YOUR ASSIGNMENT
All that is needed is each line of the entries holding the word "Stmt", copied as it stands.

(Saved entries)
##############################

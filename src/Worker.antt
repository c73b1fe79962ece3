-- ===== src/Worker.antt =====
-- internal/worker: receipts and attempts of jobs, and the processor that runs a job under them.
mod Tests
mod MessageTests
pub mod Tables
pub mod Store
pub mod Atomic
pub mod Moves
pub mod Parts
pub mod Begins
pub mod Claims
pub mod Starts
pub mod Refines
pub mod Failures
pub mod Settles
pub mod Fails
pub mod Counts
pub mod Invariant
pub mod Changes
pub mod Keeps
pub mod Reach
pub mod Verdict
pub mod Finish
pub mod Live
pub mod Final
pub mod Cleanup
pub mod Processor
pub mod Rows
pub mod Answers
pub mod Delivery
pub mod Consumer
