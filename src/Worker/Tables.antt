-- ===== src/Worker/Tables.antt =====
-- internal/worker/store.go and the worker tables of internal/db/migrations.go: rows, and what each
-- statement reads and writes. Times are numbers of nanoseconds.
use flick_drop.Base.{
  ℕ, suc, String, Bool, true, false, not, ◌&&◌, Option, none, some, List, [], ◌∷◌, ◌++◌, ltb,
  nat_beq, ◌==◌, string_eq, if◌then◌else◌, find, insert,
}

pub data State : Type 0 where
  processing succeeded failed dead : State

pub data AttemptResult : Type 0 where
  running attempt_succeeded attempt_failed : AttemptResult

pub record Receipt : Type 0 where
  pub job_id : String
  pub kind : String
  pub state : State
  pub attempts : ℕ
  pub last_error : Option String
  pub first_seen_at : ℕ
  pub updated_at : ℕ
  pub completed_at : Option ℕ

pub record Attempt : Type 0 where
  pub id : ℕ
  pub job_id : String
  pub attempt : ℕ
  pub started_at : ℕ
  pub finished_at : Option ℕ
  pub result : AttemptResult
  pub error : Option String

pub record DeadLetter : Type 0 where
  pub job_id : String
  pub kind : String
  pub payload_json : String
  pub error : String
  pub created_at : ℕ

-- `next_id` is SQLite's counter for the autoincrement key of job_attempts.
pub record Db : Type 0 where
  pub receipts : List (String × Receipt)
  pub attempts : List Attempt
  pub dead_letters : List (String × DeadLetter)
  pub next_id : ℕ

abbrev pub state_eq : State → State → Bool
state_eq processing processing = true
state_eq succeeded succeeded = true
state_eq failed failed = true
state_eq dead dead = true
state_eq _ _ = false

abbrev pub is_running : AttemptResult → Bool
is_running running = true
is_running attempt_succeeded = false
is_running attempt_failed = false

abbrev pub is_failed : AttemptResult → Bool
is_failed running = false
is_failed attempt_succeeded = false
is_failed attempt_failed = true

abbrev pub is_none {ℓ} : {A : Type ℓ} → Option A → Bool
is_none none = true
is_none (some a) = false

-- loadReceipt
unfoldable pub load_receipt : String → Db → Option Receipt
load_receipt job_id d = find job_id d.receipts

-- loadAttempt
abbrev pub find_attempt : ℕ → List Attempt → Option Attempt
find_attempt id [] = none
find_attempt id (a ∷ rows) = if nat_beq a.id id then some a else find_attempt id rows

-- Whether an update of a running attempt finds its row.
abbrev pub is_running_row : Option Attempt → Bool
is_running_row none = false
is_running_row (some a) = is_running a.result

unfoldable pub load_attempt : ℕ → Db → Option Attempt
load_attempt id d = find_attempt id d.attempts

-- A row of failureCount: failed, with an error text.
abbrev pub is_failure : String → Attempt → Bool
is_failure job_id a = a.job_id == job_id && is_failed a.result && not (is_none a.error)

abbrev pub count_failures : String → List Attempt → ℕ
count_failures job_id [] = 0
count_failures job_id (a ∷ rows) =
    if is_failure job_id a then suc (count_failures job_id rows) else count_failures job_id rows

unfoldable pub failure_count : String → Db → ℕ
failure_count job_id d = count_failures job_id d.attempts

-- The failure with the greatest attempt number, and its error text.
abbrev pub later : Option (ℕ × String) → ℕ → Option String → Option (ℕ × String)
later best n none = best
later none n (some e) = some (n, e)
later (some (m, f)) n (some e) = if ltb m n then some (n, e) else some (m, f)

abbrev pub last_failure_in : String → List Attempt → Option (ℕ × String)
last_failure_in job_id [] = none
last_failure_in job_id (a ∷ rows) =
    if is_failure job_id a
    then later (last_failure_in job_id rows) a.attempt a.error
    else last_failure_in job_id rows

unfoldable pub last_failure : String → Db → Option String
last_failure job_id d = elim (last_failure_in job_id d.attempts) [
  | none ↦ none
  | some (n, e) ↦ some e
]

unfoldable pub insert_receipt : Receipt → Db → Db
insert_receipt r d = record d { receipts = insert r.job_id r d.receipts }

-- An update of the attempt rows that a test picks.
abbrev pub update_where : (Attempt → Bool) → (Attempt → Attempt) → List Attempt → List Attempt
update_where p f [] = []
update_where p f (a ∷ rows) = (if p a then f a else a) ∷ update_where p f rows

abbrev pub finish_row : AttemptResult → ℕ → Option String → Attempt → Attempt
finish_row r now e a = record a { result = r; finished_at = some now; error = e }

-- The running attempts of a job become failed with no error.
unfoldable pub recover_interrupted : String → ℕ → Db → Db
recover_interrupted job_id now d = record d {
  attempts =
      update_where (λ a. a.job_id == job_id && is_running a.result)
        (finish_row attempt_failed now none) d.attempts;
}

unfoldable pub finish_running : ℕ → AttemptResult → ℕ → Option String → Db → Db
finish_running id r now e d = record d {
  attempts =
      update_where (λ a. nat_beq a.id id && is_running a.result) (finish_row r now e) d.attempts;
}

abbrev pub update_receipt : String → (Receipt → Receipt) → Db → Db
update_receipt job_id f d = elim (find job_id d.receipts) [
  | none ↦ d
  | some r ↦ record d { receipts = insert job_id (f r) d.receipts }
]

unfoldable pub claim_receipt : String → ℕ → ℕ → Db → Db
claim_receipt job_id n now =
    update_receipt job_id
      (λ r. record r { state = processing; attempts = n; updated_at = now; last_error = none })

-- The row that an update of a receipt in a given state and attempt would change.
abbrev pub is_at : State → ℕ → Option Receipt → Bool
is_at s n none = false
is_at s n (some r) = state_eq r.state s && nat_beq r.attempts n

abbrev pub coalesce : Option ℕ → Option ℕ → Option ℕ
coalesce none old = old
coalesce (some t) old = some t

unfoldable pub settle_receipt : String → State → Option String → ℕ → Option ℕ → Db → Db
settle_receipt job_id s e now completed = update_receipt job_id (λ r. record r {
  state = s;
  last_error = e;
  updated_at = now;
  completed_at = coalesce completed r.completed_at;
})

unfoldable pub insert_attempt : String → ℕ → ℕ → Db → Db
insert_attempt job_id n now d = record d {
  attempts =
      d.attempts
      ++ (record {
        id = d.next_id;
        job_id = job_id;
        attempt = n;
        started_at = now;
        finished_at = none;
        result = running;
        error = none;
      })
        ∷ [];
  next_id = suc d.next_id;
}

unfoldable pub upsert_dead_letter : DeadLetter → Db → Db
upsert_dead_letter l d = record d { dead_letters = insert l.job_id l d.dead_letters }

##############################

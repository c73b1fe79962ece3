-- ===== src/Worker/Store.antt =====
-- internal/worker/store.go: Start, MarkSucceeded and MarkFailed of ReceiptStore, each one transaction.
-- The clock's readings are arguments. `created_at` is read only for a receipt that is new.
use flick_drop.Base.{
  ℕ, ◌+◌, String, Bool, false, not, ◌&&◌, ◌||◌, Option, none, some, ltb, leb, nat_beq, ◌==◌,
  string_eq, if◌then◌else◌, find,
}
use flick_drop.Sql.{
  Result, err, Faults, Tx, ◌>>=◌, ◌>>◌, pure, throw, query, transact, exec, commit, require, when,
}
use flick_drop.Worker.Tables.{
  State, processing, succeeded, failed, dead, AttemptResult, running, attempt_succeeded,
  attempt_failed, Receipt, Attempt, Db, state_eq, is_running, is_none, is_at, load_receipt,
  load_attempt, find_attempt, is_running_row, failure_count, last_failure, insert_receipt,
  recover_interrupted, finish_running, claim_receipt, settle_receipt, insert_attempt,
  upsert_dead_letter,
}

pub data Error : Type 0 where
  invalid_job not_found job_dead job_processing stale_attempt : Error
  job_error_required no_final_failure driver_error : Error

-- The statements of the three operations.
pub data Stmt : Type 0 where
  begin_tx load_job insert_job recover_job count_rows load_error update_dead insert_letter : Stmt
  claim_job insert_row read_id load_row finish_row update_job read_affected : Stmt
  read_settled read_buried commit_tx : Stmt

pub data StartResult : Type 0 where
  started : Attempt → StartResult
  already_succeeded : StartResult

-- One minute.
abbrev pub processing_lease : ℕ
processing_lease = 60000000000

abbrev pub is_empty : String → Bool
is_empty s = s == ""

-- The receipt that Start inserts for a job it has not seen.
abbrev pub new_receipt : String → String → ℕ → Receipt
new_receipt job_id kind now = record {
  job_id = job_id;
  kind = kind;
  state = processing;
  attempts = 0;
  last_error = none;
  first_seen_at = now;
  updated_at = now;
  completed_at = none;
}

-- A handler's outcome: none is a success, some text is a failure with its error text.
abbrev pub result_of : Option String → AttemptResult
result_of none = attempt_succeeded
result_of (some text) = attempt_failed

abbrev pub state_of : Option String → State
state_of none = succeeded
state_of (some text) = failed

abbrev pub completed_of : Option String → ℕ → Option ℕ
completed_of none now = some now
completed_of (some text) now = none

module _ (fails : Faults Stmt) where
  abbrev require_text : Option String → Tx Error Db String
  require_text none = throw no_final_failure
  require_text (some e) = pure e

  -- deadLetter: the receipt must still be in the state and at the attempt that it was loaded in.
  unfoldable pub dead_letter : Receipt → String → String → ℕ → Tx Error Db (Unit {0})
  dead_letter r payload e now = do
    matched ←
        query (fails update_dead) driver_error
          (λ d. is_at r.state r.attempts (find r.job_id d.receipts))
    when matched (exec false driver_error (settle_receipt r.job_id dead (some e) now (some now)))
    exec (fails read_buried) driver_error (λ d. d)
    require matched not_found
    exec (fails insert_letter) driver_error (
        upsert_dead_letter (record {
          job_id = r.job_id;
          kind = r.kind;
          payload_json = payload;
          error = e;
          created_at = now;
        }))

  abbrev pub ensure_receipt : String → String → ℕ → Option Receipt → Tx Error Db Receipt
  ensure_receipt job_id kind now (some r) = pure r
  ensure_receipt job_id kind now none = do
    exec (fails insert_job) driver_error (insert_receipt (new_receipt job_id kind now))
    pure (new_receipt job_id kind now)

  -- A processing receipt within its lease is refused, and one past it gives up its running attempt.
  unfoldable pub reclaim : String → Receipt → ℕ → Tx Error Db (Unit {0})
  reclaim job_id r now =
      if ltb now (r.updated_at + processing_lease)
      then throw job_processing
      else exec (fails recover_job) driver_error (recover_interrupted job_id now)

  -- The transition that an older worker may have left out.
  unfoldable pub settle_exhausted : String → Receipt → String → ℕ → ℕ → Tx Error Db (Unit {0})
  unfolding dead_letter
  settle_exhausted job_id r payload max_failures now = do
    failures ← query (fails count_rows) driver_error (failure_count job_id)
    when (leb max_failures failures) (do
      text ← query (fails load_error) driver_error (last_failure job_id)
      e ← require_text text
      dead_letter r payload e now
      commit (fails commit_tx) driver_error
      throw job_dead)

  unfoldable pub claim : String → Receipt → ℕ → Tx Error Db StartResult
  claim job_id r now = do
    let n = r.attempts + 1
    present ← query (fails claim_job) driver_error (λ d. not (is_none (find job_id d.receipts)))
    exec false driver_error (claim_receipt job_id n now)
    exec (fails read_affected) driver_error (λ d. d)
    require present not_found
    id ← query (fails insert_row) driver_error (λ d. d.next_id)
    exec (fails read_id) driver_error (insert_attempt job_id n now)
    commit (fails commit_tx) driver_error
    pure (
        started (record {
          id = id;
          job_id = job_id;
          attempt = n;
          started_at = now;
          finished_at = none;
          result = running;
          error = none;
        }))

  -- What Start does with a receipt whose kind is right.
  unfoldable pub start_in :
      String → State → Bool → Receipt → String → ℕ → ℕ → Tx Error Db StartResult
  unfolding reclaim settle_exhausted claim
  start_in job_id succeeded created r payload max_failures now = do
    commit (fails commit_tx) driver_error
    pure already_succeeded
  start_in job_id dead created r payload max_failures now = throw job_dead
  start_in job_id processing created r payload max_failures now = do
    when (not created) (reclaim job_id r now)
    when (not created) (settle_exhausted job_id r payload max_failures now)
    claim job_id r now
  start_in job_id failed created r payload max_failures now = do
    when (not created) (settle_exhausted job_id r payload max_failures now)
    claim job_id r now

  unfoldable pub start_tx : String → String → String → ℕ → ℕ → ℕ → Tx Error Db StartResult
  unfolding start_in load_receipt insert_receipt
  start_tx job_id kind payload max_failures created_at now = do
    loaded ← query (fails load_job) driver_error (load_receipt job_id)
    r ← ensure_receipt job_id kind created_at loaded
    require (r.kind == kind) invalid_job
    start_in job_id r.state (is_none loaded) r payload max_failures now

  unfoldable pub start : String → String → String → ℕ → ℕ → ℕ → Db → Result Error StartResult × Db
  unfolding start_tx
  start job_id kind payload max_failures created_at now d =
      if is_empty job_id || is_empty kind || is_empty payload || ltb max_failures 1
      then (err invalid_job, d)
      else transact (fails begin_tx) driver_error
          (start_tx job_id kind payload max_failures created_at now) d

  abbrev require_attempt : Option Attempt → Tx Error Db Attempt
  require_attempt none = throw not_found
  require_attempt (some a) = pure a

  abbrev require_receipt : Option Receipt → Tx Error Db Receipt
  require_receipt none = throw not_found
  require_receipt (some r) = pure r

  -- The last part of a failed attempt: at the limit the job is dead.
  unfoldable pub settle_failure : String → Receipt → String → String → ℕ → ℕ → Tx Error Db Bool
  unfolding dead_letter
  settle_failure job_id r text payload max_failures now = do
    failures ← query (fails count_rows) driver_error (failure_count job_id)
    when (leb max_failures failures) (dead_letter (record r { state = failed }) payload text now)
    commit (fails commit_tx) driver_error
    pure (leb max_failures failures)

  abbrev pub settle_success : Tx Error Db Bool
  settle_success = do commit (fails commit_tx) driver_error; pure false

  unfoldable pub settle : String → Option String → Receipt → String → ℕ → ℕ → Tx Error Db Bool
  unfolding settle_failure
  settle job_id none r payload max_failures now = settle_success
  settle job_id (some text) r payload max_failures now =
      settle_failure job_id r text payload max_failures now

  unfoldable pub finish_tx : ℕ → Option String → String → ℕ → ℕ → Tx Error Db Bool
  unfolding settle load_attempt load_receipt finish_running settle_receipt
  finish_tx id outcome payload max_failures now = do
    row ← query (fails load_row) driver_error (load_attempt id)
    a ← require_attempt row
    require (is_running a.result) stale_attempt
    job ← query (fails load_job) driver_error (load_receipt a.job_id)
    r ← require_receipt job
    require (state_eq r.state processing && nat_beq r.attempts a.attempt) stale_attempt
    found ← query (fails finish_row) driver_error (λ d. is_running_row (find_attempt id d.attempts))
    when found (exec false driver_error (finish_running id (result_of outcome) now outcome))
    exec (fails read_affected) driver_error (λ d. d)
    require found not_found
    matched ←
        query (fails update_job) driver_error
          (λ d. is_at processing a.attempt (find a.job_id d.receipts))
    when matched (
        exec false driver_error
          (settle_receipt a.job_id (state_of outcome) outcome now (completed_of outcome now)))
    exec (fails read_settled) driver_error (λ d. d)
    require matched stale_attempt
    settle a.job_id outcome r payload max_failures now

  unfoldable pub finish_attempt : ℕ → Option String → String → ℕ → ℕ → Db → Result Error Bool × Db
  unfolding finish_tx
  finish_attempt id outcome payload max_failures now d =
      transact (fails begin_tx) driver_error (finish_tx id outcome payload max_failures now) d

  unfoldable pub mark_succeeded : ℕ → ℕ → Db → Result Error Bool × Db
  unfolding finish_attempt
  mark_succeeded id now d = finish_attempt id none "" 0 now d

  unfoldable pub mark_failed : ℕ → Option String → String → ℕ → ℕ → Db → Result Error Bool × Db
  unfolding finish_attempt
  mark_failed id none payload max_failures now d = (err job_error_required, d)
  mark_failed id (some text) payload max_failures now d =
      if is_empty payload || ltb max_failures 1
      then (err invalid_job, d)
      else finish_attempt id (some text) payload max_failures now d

##############################

TASK OUTPUT
pub data Stmt : Type 0 where
  begin_tx load_job insert_job recover_job count_rows load_error update_dead insert_letter : Stmt
  claim_job insert_row read_id load_row finish_row update_job read_affected : Stmt
  read_settled read_buried commit_tx : Stmt
module _ (fails : Faults Stmt) where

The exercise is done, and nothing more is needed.